You should have 7 genes after these operations. Use `dfsp` with `dfHclust`, selecting all genes for clustering. Does the appearance of the clustering tree improve as you add the spliceosome-annotated genes to the clustering?

# NMF with fruit fly expression patterns

## The drosmap package

Install and attach the `drosmap` package. This is a simple repackaging of code and data provided by [BDGP](http://insitu.fruitfly.org/insitu-pp/princpatcode.zip).

```{r doinst, eval=FALSE}
library(BiocInstaller)
biocLite("vjcitn/drosmap")
library(drosmap)
```

## Expression patterns

Data are available on spatially recorded gene expression patterns derived from blastocyst samples. We'll display some examples.

```{r lkexp, fig=TRUE}
library(drosmap)
data(expressionPatterns)
data(template)
imageBatchDisplay(expressionPatterns[,1:12], nrow=3, ncol=4, template=template[,-1])
```

## Exercises

### Comparing non-negative matrix factorizations of the expression pattern matrix

We'll reduce the data matrix (for convenience) to 701 unique genes

```{r dou}
data(uniqueGenes)
uex = expressionPatterns[,uniqueGenes]
```

We'll begin with a factorization using a basis of rank 10.

```{r don1,cache=TRUE}
set.seed(123)
library(NMF)
m10 =nmf(uex, rank=10)
m10
```

The authors of the [Wu et al. 2016 PNAS paper](http://www.pnas.org/content/113/16/4290.full) justify a rank 21 basis.

```{r don2,cache=TRUE}
set.seed(123)
library(NMF)
m21 =nmf(uex, rank=21)
```

To visualize the clustering of the expression patterns with the rank 10 basis, use

```{r lk10,fig=TRUE,fig.height=3.8}
imageBatchDisplay(basis(m10), nrow=4,ncol=3,template=template[,-1])
```

The 'predicted' matrix with the rank 10 basis is

```{r lkpr}
PM10 = basis(m10)%*%coef(m10)
```

Compare the faithfulness of the rank 10 and rank 21 approximations.

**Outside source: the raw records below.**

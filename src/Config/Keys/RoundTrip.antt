-- ===== src/Config/Keys/RoundTrip.antt =====
-- Blacklisting a key and restoring it: backend-go/internal/config/config.go.
use ccx.Base.{
  ◌≡◌, refl, Bool, true, false, some, List, [], ◌∷◌, ◌++◌, String, str_eq, eq_iff, arith, any,
  Option-cases, inl, inr,
}
use ccx.Config.Types.{UpstreamConfig, DisabledKeyInfo}
use ccx.Config.Keys.{index_of, has, without, blacklist_in, restore_in, remove_disabled}
use ccx.Config.Keys.Lists.{drop_key, index_of-none, index_of-drop_key, has-drop_key}
use ccx.Config.Keys.Moves.{or_same}
use ccx.Config.Keys.Tidy.{IsTidy}

-- The key has a record among the disabled ones.
abbrev pub is_disabled : List DisabledKeyInfo → String → Bool
is_disabled infos key = any (λ info. str_eq info.key key) infos

remove_disabled-append :
    (info : DisabledKeyInfo) (infos : List DisabledKeyInfo)
    → is_disabled infos info.key ≡ false
    → remove_disabled info.key (infos ++ (info ∷ [])) ≡ some infos
unfolding remove_disabled
remove_disabled-append info [] h = ground (arith, eq_iff info.key info.key)
remove_disabled-append info (x ∷ xs) h = ground (arith, h, remove_disabled-append info xs)

without-absent : (key : String) (ks : List String) → has ks key ≡ false → without key ks ≡ ks
without-absent key [] h = refl
without-absent key (k ∷ ks) h = ground (arith, eq_iff k key, eq_iff key k, without-absent key ks)

without-appended :
    (key : String) (ks : List String) → has ks key ≡ false → without key (ks ++ (key ∷ [])) ≡ ks
without-appended key [] h = ground (arith, eq_iff key key)
without-appended key (k ∷ ks) h =
    ground (arith, eq_iff k key, eq_iff key k, without-appended key ks)

-- If the active keys are all different and none is historical, then restoring an active key that was blacklisted,
-- and had no earlier record, gives back the channel as it was, except that the key
-- is now the last of the active ones.
pub restore-blacklist :
    (info : DisabledKeyInfo) (u : UpstreamConfig)
    → IsTidy u
    → has u.api_keys info.key ≡ true
    → is_disabled u.disabled_api_keys info.key ≡ false
    → restore_in info.key (or_same u (blacklist_in info u))
      ≡ some (record u { api_keys = drop_key info.key u.api_keys ++ (info.key ∷ []) })
unfolding blacklist_in restore_in
restore-blacklist info u t active fresh = elim (Option-cases (index_of info.key u.api_keys)) [
  | inl e ↦ ground (arith, active, index_of-none info.key u.api_keys e)
  | inr (i, e) ↦
      let found = index_of-drop_key info.key u.api_keys i e in
      ground (
        arith,
        e,
        active,
        found.1,
        t.1 info.key,
        eq_iff info.key info.key,
        has-drop_key info.key u.api_keys info.key t.0,
        remove_disabled-append info u.disabled_api_keys fresh,
        without-absent info.key u.historical_api_keys,
        without-appended info.key u.historical_api_keys,
      )
]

### Comparison to a cell fate schematic

Produce the display of the `m21` basis with `imageBatchDisplay` and check that the constituents are similar to those shown as principal patterns below (from the Wu et al. paper).

```{r lippp,fig=TRUE,echo=FALSE}
im = readPNG("fullFateMap.png")
grid.raster(im)
```

Can any of the patterns found with the rank 10 basis be mapped to key anatomical components of the blastocyst fate schematic?